The result should be the line with "(previous : List IdleWorkloadStatus) (workloads" followed by every remaining line of the entries, each reproduced exactly, with nothing else.

MATERIAL SHOWN below:

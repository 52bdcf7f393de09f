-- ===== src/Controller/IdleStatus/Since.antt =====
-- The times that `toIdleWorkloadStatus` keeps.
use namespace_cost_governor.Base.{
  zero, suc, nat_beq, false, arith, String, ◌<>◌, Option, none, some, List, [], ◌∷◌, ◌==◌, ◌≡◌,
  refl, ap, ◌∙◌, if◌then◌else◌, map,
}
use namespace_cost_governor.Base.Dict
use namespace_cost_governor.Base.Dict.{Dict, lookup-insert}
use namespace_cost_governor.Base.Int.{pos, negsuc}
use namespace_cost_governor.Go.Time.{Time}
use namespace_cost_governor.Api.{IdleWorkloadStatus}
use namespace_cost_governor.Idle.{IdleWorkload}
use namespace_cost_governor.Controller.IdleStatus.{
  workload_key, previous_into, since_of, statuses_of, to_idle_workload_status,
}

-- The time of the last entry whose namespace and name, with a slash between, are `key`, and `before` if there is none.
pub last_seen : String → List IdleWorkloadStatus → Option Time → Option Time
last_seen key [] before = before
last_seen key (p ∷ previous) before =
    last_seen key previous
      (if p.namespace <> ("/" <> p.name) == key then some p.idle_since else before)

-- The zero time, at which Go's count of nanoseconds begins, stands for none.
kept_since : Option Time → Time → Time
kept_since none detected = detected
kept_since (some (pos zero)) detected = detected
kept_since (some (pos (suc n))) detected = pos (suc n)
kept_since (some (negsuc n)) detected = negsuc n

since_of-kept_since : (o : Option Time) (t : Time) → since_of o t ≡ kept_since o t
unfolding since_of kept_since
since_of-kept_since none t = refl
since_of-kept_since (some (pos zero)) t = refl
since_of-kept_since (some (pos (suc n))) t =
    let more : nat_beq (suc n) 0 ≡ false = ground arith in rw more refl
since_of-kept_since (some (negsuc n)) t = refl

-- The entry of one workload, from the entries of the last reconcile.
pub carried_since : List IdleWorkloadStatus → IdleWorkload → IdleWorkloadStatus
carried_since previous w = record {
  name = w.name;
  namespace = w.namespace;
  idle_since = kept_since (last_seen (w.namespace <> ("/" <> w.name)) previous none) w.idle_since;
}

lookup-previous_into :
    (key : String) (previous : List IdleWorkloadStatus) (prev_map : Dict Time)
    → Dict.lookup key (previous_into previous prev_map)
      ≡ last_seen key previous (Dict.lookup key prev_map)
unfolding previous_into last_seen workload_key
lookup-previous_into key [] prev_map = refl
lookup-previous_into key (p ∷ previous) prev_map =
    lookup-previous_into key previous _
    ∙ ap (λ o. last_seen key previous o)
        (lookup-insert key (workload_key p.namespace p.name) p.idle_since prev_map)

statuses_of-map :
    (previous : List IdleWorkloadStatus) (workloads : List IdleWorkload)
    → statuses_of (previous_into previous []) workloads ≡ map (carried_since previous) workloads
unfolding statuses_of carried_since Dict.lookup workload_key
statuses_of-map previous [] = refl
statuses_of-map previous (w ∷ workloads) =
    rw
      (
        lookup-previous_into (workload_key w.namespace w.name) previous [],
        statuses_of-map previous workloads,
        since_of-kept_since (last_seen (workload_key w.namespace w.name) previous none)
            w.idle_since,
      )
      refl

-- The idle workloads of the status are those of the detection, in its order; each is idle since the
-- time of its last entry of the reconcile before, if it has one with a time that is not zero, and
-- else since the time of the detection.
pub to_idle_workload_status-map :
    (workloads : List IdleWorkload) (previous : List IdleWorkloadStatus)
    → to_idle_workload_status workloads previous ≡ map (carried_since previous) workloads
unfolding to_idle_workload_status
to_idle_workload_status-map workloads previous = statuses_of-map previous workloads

End of MATERIAL SHOWN.

ANSWER AREA -
    (previous : List IdleWorkloadStatus) (workloads : List IdleWorkload)
    → statuses_of (previous_into previous []) workloads ≡ map (carried_since previous) workloads
unfolding statuses_of carried_since Dict.lookup workload_key
statuses_of-map previous [] = refl
statuses_of-map previous (w ∷ workloads) =
    rw
      (
        lookup-previous_into (workload_key w.namespace w.name) previous [],
        statuses_of-map previous workloads,
        since_of-kept_since (last_seen (workload_key w.namespace w.name) previous none)
            w.idle_since,
      )
      refl

-- The idle workloads of the status are those of the detection, in its order; each is idle since the
-- time of its last entry of the reconcile before, if it has one with a time that is not zero, and
-- else since the time of the detection.
pub to_idle_workload_status-map :
    (workloads : List IdleWorkload) (previous : List IdleWorkloadStatus)
    → to_idle_workload_status workloads previous ≡ map (carried_since previous) workloads
unfolding to_idle_workload_status
to_idle_workload_status-map workloads previous = statuses_of-map previous workloads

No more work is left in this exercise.